Spoon the beans, in an even layer. Sprinkle with a tablespoon, or two, of all purpose flour. Same measurement as above. Small pan, 1 tablespoon. Large pan, 2 tablespoons.

Flip sections of the floured beans over, to cook on the other side. You are gently folding the flour into the beans. Keep in mind, we are frying, not making pudding. Just keep things undisturbed as much as possible.

Sprinkle with cheese, if desired. Let the cheese melt, as you turn off the heat and cover the pan.

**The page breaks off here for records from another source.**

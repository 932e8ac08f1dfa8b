-- ===== src/Queue/Step.antt =====
-- What one step of cpputest-for-freertos-lib/src/cpputest_for_freertos_queue.cpp does to the queue
-- at an address.
use cpputest_for_freertos.Base.{
  ◌≤◌, ◌<◌, ◌≡◌, ◌≢◌, false, some, [], ◌∷◌, ◌++◌, arith, ◌==◌, length, take, eq-false_of_ne, List,
  Option, ◌-◌, ℕ, none,
}
use cpputest_for_freertos.World.Heap.{lookup-insert_self, lookup-insert_ne}
use cpputest_for_freertos.World.{
  Ptr, null, Message, FakeQueue, World, ok, lookup, insert, deref, ◌>>=◌,
}
use cpputest_for_freertos.Queue.{
  send_to_back, send_one, ux_queue_messages_waiting, ux_queue_spaces_available, x_queue_receive,
  x_queue_peek, CopyPosition, send_to_front, is_overwrite, overwrite, x_queue_generic_send,
  pd_false, pd_true, send_loop, err_queue_full, internal_queue_receive_dummy,
}

-- The world in which the object at `p` has a new value.
abbrev pub stored : World → Ptr → FakeQueue → World
stored w p q = record w { heap = insert p q w.heap }

-- `p` is the handle of the queue `q`.
pub record Holds (w : World) (p : Ptr) (q : FakeQueue) : Type 0 where
  pub ne_null : p ≢ null
  pub found : lookup p w.heap ≡ some q

module _ {w : World} {p : Ptr} {q : FakeQueue} (h : Holds w p q) where
  pub not_null : (p == null) ≡ false
  not_null = eq-false_of_ne p null h.ne_null

  pub deref-ok : deref p w ≡ ok q w
  unfolding deref
  deref-ok = rw h.found

  pub Holds-stored : (r : FakeQueue) → Holds (stored w p r) p r
  Holds-stored r = record { ne_null = h.ne_null; found = lookup-insert_self p r w.heap }

  pub frame-stored :
      (r : FakeQueue) (j : Ptr) → p ≢ j → lookup j (stored w p r).heap ≡ lookup j w.heap
  frame-stored r j n = lookup-insert_ne j p r w.heap n

  pub waiting-length : length q.queue < 256 → ux_queue_messages_waiting p w ≡ ok (length q.queue) w
  unfolding ux_queue_messages_waiting ◌>>=◌
  waiting-length small = ground (arith, deref-ok)

  pub available-spaces :
      length q.queue ≤ q.queue_length
      → q.queue_length < 256
      → ux_queue_spaces_available p w ≡ ok (q.queue_length - length q.queue) w
  unfolding ux_queue_spaces_available ◌>>=◌
  available-spaces le small = ground (arith, deref-ok)

  pub receive-nil :
      (room : ℕ) → q.queue ≡ [] → x_queue_receive p (some room) w ≡ ok (pd_false, []) w
  unfolding x_queue_receive ◌>>=◌
  receive-nil room e = ground (arith, deref-ok)

  -- The oldest message goes to the buffer.
  pub receive-cons :
      (room : ℕ) (m : Message) (ms : List Message)
      → q.queue ≡ m ∷ ms
      → q.item_size ≤ length m
      → q.item_size ≤ room
      → x_queue_receive p (some room) w
        ≡ ok (pd_true, take q.item_size m) (stored w p (record q { queue = ms }))
  unfolding x_queue_receive ◌>>=◌
  receive-cons room m ms e whole fits = ground (arith, deref-ok)

  pub dummy-nil : q.queue ≡ [] → internal_queue_receive_dummy p w ≡ ok (pd_false, []) w
  unfolding internal_queue_receive_dummy ◌>>=◌
  dummy-nil e = ground (arith, deref-ok)

  -- Into the 8 bytes on the stack.
  pub dummy-cons :
      (m : Message) (ms : List Message)
      → q.queue ≡ m ∷ ms
      → q.item_size ≤ length m
      → q.item_size ≤ 8
      → internal_queue_receive_dummy p w
        ≡ ok (pd_true, take q.item_size m) (stored w p (record q { queue = ms }))
  unfolding internal_queue_receive_dummy ◌>>=◌
  dummy-cons m ms e whole fits = ground (arith, deref-ok)

  pub peek-nil : (room : ℕ) → q.queue ≡ [] → x_queue_peek p (some room) w ≡ ok (pd_false, []) w
  unfolding x_queue_peek ◌>>=◌
  peek-nil room e = ground (arith, deref-ok)

  pub peek-cons :
      (room : ℕ) (m : Message) (ms : List Message)
      → q.queue ≡ m ∷ ms
      → q.item_size ≤ length m
      → q.item_size ≤ room
      → x_queue_peek p (some room) w ≡ ok (pd_true, take q.item_size m) w
  unfolding x_queue_peek ◌>>=◌
  peek-cons room m ms e whole fits = ground (arith, deref-ok)

  -- A full queue takes no message, whatever its sender gives.
  pub send_one-full :
      (bytes : Message) (position : CopyPosition)
      → is_overwrite position ≡ false
      → q.queue_length ≤ length q.queue
      → send_one p (some bytes) position w ≡ ok none w
  unfolding send_one ◌>>=◌
  send_one-full bytes position e full = ground (arith, deref-ok)

  module _ (bytes : Message) (fits : q.item_size ≤ length bytes) where
    pub send_one-back :
        length q.queue < q.queue_length
        → send_one p (some bytes) send_to_back w
          ≡ ok
              (some q.queue_set_container)
              (stored w p (record q { queue = q.queue ++ take q.item_size bytes ∷ [] }))
    unfolding send_one ◌>>=◌
    send_one-back room = ground (arith, deref-ok)

    pub send_one-front :
        length q.queue < q.queue_length
        → send_one p (some bytes) send_to_front w
          ≡ ok
              (some q.queue_set_container)
              (stored w p (record q { queue = take q.item_size bytes ∷ q.queue }))
    unfolding send_one ◌>>=◌
    send_one-front room = ground (arith, deref-ok)

    pub send_one-overwrite :
        (m : Message) (ms : List Message)
        → q.queue ≡ m ∷ ms
        → q.queue_length ≡ 1
        → send_one p (some bytes) overwrite w
          ≡ ok
              (some q.queue_set_container)
              (stored w p (record q { queue = take q.item_size bytes ∷ ms }))
    unfolding send_one ◌>>=◌
    send_one-overwrite m ms e one = ground (arith, deref-ok)

-- The result of a send follows from its first step, where the queue is in no set.
module _ (p : Ptr) (item : Option Message) (position : CopyPosition) (w w' : World) where
  pub send-refused :
      send_one p item position w ≡ ok none w'
      → x_queue_generic_send p item position w ≡ ok err_queue_full w'
  unfolding x_queue_generic_send send_loop ◌>>=◌
  send-refused e = rw (e, ◌>>=◌)

  pub send-no_set :
      send_one p item position w ≡ ok (some null) w'
      → x_queue_generic_send p item position w ≡ ok pd_true w'
  unfolding x_queue_generic_send send_loop ◌>>=◌
  send-no_set e = rw (e, ◌>>=◌)
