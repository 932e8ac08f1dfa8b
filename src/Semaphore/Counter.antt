-- ===== src/Semaphore/Counter.antt =====
-- A counting semaphore as a number of tokens, next to the fake semaphore of
-- cpputest-for-freertos-lib/src/cpputest_for_freertos_semaphore.cpp.
use cpputest_for_freertos.World.{◌>>=◌, World, Ptr, FakeQueue, M, Message, pure, null, ok, Outcome}
use cpputest_for_freertos.Semaphore.{Macros, x_queue_give_from_isr, x_queue_semaphore_take}
use cpputest_for_freertos.Queue.Step.{
  Holds, stored, deref-ok, not_null, Holds-stored, send-no_set, dummy-nil, dummy-cons, send-refused,
}
use cpputest_for_freertos.Queue.{
  BaseType, pd_false, send_one, is_recursive_mutex, pd_true, send_to_back, err_queue_full,
  x_queue_generic_send, ux_queue_messages_waiting,
}
use cpputest_for_freertos.Base.{
  ℕ, if◌then◌else◌, List, ◌++◌, length, ◌≡◌, ◌≤◌, ltb, ◌∷◌, [], none, suc, ap, false, zero, refl,
  ◌<◌, arith, some, Bool-cases, inl, ◌∙◌, ap₂, inr,
}

pub data Call : Type 0 where
  give give_from_isr taking count : Call

pub data Answer : Type 0 where
  result : BaseType → Answer
  number : ℕ → Answer

-- The counter: `n` of at most `limit` tokens are there.
abbrev pub given : ℕ → ℕ → BaseType × ℕ
given limit n = if ltb n limit then (pd_true, suc n) else (err_queue_full, n)

abbrev pub taken : ℕ → BaseType × ℕ
taken zero = (pd_false, zero)
taken (suc n) = (pd_true, n)

abbrev answered : BaseType × ℕ → Answer × ℕ
answered (r, n) = (result r, n)

abbrev pub counter : ℕ → ℕ → Call → Answer × ℕ
counter limit n give = answered (given limit n)
counter limit n give_from_isr = answered (given limit n)
counter limit n taking = answered (taken n)
counter limit n count = (number n, n)

abbrev pub run : ℕ → ℕ → List Call → List Answer
run limit n [] = []
run limit n (c ∷ cs) = let (a, m) = counter limit n c in a ∷ run limit m cs

-- `n` empty messages.
abbrev pub tokens : ℕ → List Message
tokens zero = []
tokens (suc n) = [] ∷ tokens n

pub tokens-append : (n : ℕ) → tokens n ++ [] ∷ [] ≡ tokens (suc n)
tokens-append zero = refl
tokens-append (suc n) = ap (λ ms. [] ∷ ms) (tokens-append n)

pub length-tokens : (n : ℕ) → length (tokens n) ≡ n
length-tokens zero = refl
length-tokens (suc n) = ap suc (length-tokens n)

-- `p` is a semaphore in no set, or a mutex that is not recursive, that holds `n` of at most `limit`
-- tokens.
pub record IsSemaphore (w : World) (p : Ptr) (q : FakeQueue) (limit n : ℕ) : Type 0 where
  pub holds : Holds w p q
  pub limited : q.queue_length ≡ limit
  pub empty_items : q.item_size ≡ 0
  pub plain : is_recursive_mutex q.queue_type ≡ false
  pub alone : q.queue_set_container ≡ null
  pub has : q.queue ≡ tokens n
  pub within : n ≤ limit
  pub small : limit < 256

module _ (macros : Macros) where
  open macros use {x_semaphore_give, ux_semaphore_get_count, give_calls, count_calls}

  unfoldable pub perform : Ptr → Call → M Answer
  perform p give = do r ← x_semaphore_give p; pure (result r)
  perform p give_from_isr = do r ← x_queue_give_from_isr macros p; pure (result r)
  perform p taking = do r ← x_queue_semaphore_take p; pure (result r)
  perform p count = do n ← ux_semaphore_get_count p; pure (number n)

  unfoldable pub perform_all : Ptr → List Call → M (List Answer)
  perform_all p [] = pure []
  perform_all p (c ∷ cs) = do a ← perform p c; answers ← perform_all p cs; pure (a ∷ answers)

-- The semaphore with another number of tokens.
abbrev pub with_tokens : FakeQueue → ℕ → FakeQueue
with_tokens q n = record q { queue = tokens n }

module _ {w : World} {p : Ptr} {q : FakeQueue} {limit n : ℕ} (v : IsSemaphore w p q limit n) where
  moved :
      (m : ℕ) → m ≤ limit → IsSemaphore (stored w p (with_tokens q m)) p (with_tokens q m) limit m
  moved m le = record {
    holds = Holds-stored v.holds _;
    limited = v.limited;
    empty_items = v.empty_items;
    plain = v.plain;
    alone = v.alone;
    has = refl;
    within = le;
    small = v.small;
  }

  give_one :
      n < limit
      → send_one p none send_to_back w
        ≡ ok (some q.queue_set_container) (stored w p (record q { queue = q.queue ++ [] ∷ [] }))
  unfolding send_one ◌>>=◌
  give_one less = ground (
    arith,
    deref-ok v.holds,
    not_null v.holds,
    ap length v.has,
    length-tokens n,
    v.empty_items,
    v.limited,
  )

  give_full : limit ≤ n → send_one p none send_to_back w ≡ ok none w
  unfolding send_one ◌>>=◌
  give_full full = ground (
    arith,
    deref-ok v.holds,
    not_null v.holds,
    ap length v.has,
    length-tokens n,
    v.empty_items,
    v.limited,
  )

-- A run that returns `a` and leaves a semaphore of `m` tokens at `p`.
abbrev pub Gives : {A : Type 0} → Ptr → ℕ → Outcome A → A → ℕ → Type 0
Gives p limit r a m = (w' : World) × (q' : FakeQueue) × (r ≡ ok a w') × IsSemaphore w' p q' limit m

module _ {w : World} {p : Ptr} {q : FakeQueue} {limit n : ℕ} (v : IsSemaphore w p q limit n) where
  pub send-Gives :
      let (a, m) = given limit n in Gives p limit (x_queue_generic_send p none send_to_back w) a m
  send-Gives = elim (Bool-cases (ltb n limit)) [
    | inl room ↦
        let less : n < limit = ground arith in
        let one_more : q.queue ++ [] ∷ [] ≡ tokens (suc n) =
          ap (λ ms. ms ++ [] ∷ []) v.has ∙ tokens-append n in
        rw room (
          stored w p (with_tokens q (suc n)),
          with_tokens q (suc n),
          send-no_set p none send_to_back w _ (
              give_one v less
              ∙ ap₂ (λ c ms. ok (some c) (stored w p (record q { queue = ms }))) v.alone one_more),
          moved v (suc n) less,
        )
    | inr full ↦
        rw full (w, q, send-refused p none send_to_back w w (give_full v (ground arith)), v)
  ]

  waiting-tokens : ux_queue_messages_waiting p w ≡ ok n w
  unfolding ux_queue_messages_waiting ◌>>=◌
  waiting-tokens = ground (
    arith,
    deref-ok v.holds,
    not_null v.holds,
    ap length v.has,
    length-tokens n,
    v.within,
    v.small,
  )

take-Gives :
    (n : ℕ) {w : World} {p : Ptr} {q : FakeQueue} {limit : ℕ}
    → IsSemaphore w p q limit n
    → let (a, m) = taken n in Gives p limit (x_queue_semaphore_take p w) a m
unfolding x_queue_semaphore_take ◌>>=◌
take-Gives zero {w} {p} {q} v =
    (w, q, ground (arith, deref-ok v.holds, not_null v.holds, v.plain, dummy-nil v.holds v.has), v)
take-Gives (suc n) {w} {p} {q} v = (
  stored w p (with_tokens q n),
  with_tokens q n,
  ground (
    arith,
    deref-ok v.holds,
    not_null v.holds,
    v.plain,
    v.empty_items,
    dummy-cons v.holds [] (tokens n) v.has,
  ),
  moved v n (omega (arith, v.within)),
)

module _ {p : Ptr} {limit m : ℕ} {r : BaseType} where
  reply :
      (run : M BaseType) (w : World)
      → Gives p limit (run w) r m
      → Gives p limit ((run >>= λ a. pure (result a)) w) (result r) m
  unfolding ◌>>=◌
  reply run w (w', q', e, v') = (w', q', rw (e, ◌>>=◌), v')

module _ (macros : Macros) where
  open macros use {x_semaphore_give, give_calls, count_calls}

  isr_gives :
      {w : World} {p : Ptr} {q : FakeQueue} {limit n : ℕ}
      → IsSemaphore w p q limit n
      → x_queue_give_from_isr macros p w ≡ x_queue_generic_send p none send_to_back w
  unfolding x_queue_give_from_isr ◌>>=◌
  isr_gives {w} {p} v = ground (arith, deref-ok v.holds, not_null v.holds, v.plain, give_calls p w)

  -- Each call answers as the counter does, and leaves as many tokens.
  pub perform-counter :
      (c : Call) {w : World} {p : Ptr} {q : FakeQueue} {limit n : ℕ}
      → IsSemaphore w p q limit n
      → let (a, m) = counter limit n c in Gives p limit (perform macros p c w) a m
  unfolding perform
  perform-counter give {w} {p} v = reply (x_semaphore_give p) w (rw give_calls (send-Gives v))
  perform-counter give_from_isr {w} {p} v =
      reply (x_queue_give_from_isr macros p) w (rw (isr_gives v) (send-Gives v))
  perform-counter taking {w} {p} {n = n} v = reply (x_queue_semaphore_take p) w (take-Gives n v)
  perform-counter count {w} {p} {q} v =
      (w, q, unfold ◌>>=◌ in rw (count_calls p w, waiting-tokens v, ◌>>=◌), v)

  -- Let a live semaphore, or a mutex that is not recursive, be in no set and hold at most as many
  -- tokens as its length, which is below 256. Then a sequence of gives, gives from an interrupt,
  -- takes and counts answers as the counter of its tokens does. The macros give and count as
  -- FreeRTOS documents.
  pub perform_all-counter :
      (cs : List Call) {w : World} {p : Ptr} {q : FakeQueue} {limit n : ℕ}
      → IsSemaphore w p q limit n
      → (w' : World) × (perform_all macros p cs w ≡ ok (run limit n cs) w')
  unfolding perform_all ◌>>=◌
  perform_all-counter [] {w} v = (w, refl)
  perform_all-counter (c ∷ cs) v =
      let (w', q', e, v') = perform-counter c v in
      let (w'', e') = perform_all-counter cs v' in (w'', rw (e, ◌>>=◌, e'))
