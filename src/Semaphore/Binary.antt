-- ===== src/Semaphore/Binary.antt =====
-- The fake semaphore of cpputest-for-freertos-lib/src/cpputest_for_freertos_semaphore.cpp as an
-- instance of the interface of Service/BinarySemaphore.
--
-- A value of the instance is a world with a semaphore in it. Each operation makes the call on that
-- world, and goes on in the world that the call leaves.
use cpputest_for_freertos.Queue.{pd_true}
use cpputest_for_freertos.World.{World, FakeQueue, Ptr, ok, other_type, null}
use cpputest_for_freertos.Service.BinarySemaphore.{BinarySemaphore}
use cpputest_for_freertos.Semaphore.Counter.{
  Call, Answer, give, give_from_isr, taking, count, result, number, counter, IsSemaphore, perform,
  perform-counter, given,
}
use cpputest_for_freertos.Base.{
  ℕ, Bool, true, ◌≡◌, ◌≤◌, Option, ◌≢◌, false, arith, ap, some, subst, none, refl,
}
use cpputest_for_freertos.Semaphore.{Macros}
use cpputest_for_freertos.Queue.Step.{stored}
use cpputest_for_freertos.Queue.{new_queue}
use cpputest_for_freertos.World.Heap.{lookup-insert_self}

pub record FakeSemaphore : Type 0 where
  pub world : World
  pub handle : Ptr
  pub value : FakeQueue
  pub tokens : ℕ
  pub models : IsSemaphore world handle value 1 tokens

abbrev pub succeeded : Answer → Bool
succeeded (result pd_true) = true
succeeded _ = false

abbrev pub number_of : Answer → ℕ
number_of (number n) = n
number_of _ = 0

abbrev pub answer : Call → FakeSemaphore → Answer
answer c s = (counter 1 s.tokens c).0

module _ (macros : Macros) where
  -- After a call.
  abbrev pub after : Call → FakeSemaphore → FakeSemaphore
  after c s =
      let run = perform-counter macros c s.models in
      record {
        world = run.0;
        handle = s.handle;
        value = run.1;
        tokens = (counter 1 s.tokens c).1;
        models = run.3;
      }

  -- The call on the world of `s` returns the answer, and leaves the world of `after`.
  pub perform-after :
      (c : Call) (s : FakeSemaphore)
      → perform macros s.handle c s.world ≡ ok (answer c s) (after c s).world
  perform-after c s = (perform-counter macros c s.models).2

  called : Call → FakeSemaphore → Bool × FakeSemaphore
  called c s = (succeeded (answer c s), after c s)

  get_count : FakeSemaphore → ℕ
  get_count s = number_of (answer count s)

  given-one : (n : ℕ) → n ≤ 1 → (given 1 n).1 ≡ 1
  given-one n le = ground (arith, le)

  give-one : (s : FakeSemaphore) → get_count (called give s).1 ≡ 1
  unfolding called get_count
  give-one s = given-one s.tokens s.models.within

  give_from_isr-one : (s : FakeSemaphore) → get_count (called give_from_isr s).1 ≡ 1
  unfolding called get_count
  give_from_isr-one s = given-one s.tokens s.models.within

  take-none :
      (s : FakeSemaphore)
      → get_count s ≡ 0
      → ((called taking s).0 ≡ false) × (get_count (called taking s).1 ≡ 0)
  unfolding called get_count
  take-none s e = (ap (λ n. succeeded (counter 1 n taking).0) e, ap (λ n. (counter 1 n taking).1) e)

  take-one :
      (s : FakeSemaphore)
      → get_count s ≡ 1
      → ((called taking s).0 ≡ true) × (get_count (called taking s).1 ≡ 0)
  unfolding called get_count
  take-one s e = (ap (λ n. succeeded (counter 1 n taking).0) e, ap (λ n. (counter 1 n taking).1) e)

  abbrev IsFresh : Option FakeSemaphore → Type 0
  IsFresh none = Unit
  IsFresh (some s) = get_count s ≡ 0

  module _ (w : World) (fresh : Ptr) (ne : fresh ≢ null) where
    -- The semaphore that `xSemaphoreCreateBinary` makes, as a queue of one empty message.
    pub made : FakeSemaphore
    made = record {
      world = stored w fresh (new_queue 1 0 other_type);
      handle = fresh;
      value = new_queue 1 0 other_type;
      tokens = 0;
      models = record {
        holds = record { ne_null = ne; found = lookup-insert_self fresh _ w.heap };
        limited = refl;
        empty_items = refl;
        plain = refl;
        alone = refl;
        has = refl;
        within = omega arith;
        small = omega arith;
      };
    }

    made-empty : (s : FakeSemaphore) → some made ≡ some s → get_count s ≡ 0
    unfolding made get_count
    made-empty s e = subst IsFresh e refl

    pub fake_semaphore : BinarySemaphore FakeSemaphore
    fake_semaphore = record {
      create = some made;
      give = called give;
      give_from_isr = called give_from_isr;
      take = called taking;
      get_count = get_count;
      create_empty = made-empty;
      give_one = give-one;
      give_from_isr_one = give_from_isr-one;
      take_none = take-none;
      take_one = take-one;
    }

    pub fake_semaphore-create : BinarySemaphore.create fake_semaphore ≡ some made
    unfolding fake_semaphore
    fake_semaphore-create = refl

This is what you end up with. Delicious, smooth, refried beans that taste just as good as what you would get in your favorite Mexican restaurant. Oh who am I kidding? They're better!



1 Pound dried pinto beans
6 Cups water
1 1/2 Teaspoons salt
1 Teaspoon pepper
1 Teaspoon granulated garlic
Sort beans, removing any rocks and dirt. Rinse well. Place beans and water in a crock pot. Set the crock pot on high heat. Cover. Let beans cook until a thick sauce forms and beans can be mashed easily; about 6 hours. Stir in salt, pepper and garlic. Serve as is, or fry.
Mash beans, adding a little water if necessary, so they are smooth. Heat a frying pan to medium high heat. Add 1 tablespoon lard. Spoon in beans, in an even layer. Sprinkle with 1 tablespoon flour. Cook until beans are heated through; folding in flour as the beans cook. Cover with shredded cheese, if desired. Turn off heat and cover with a lid.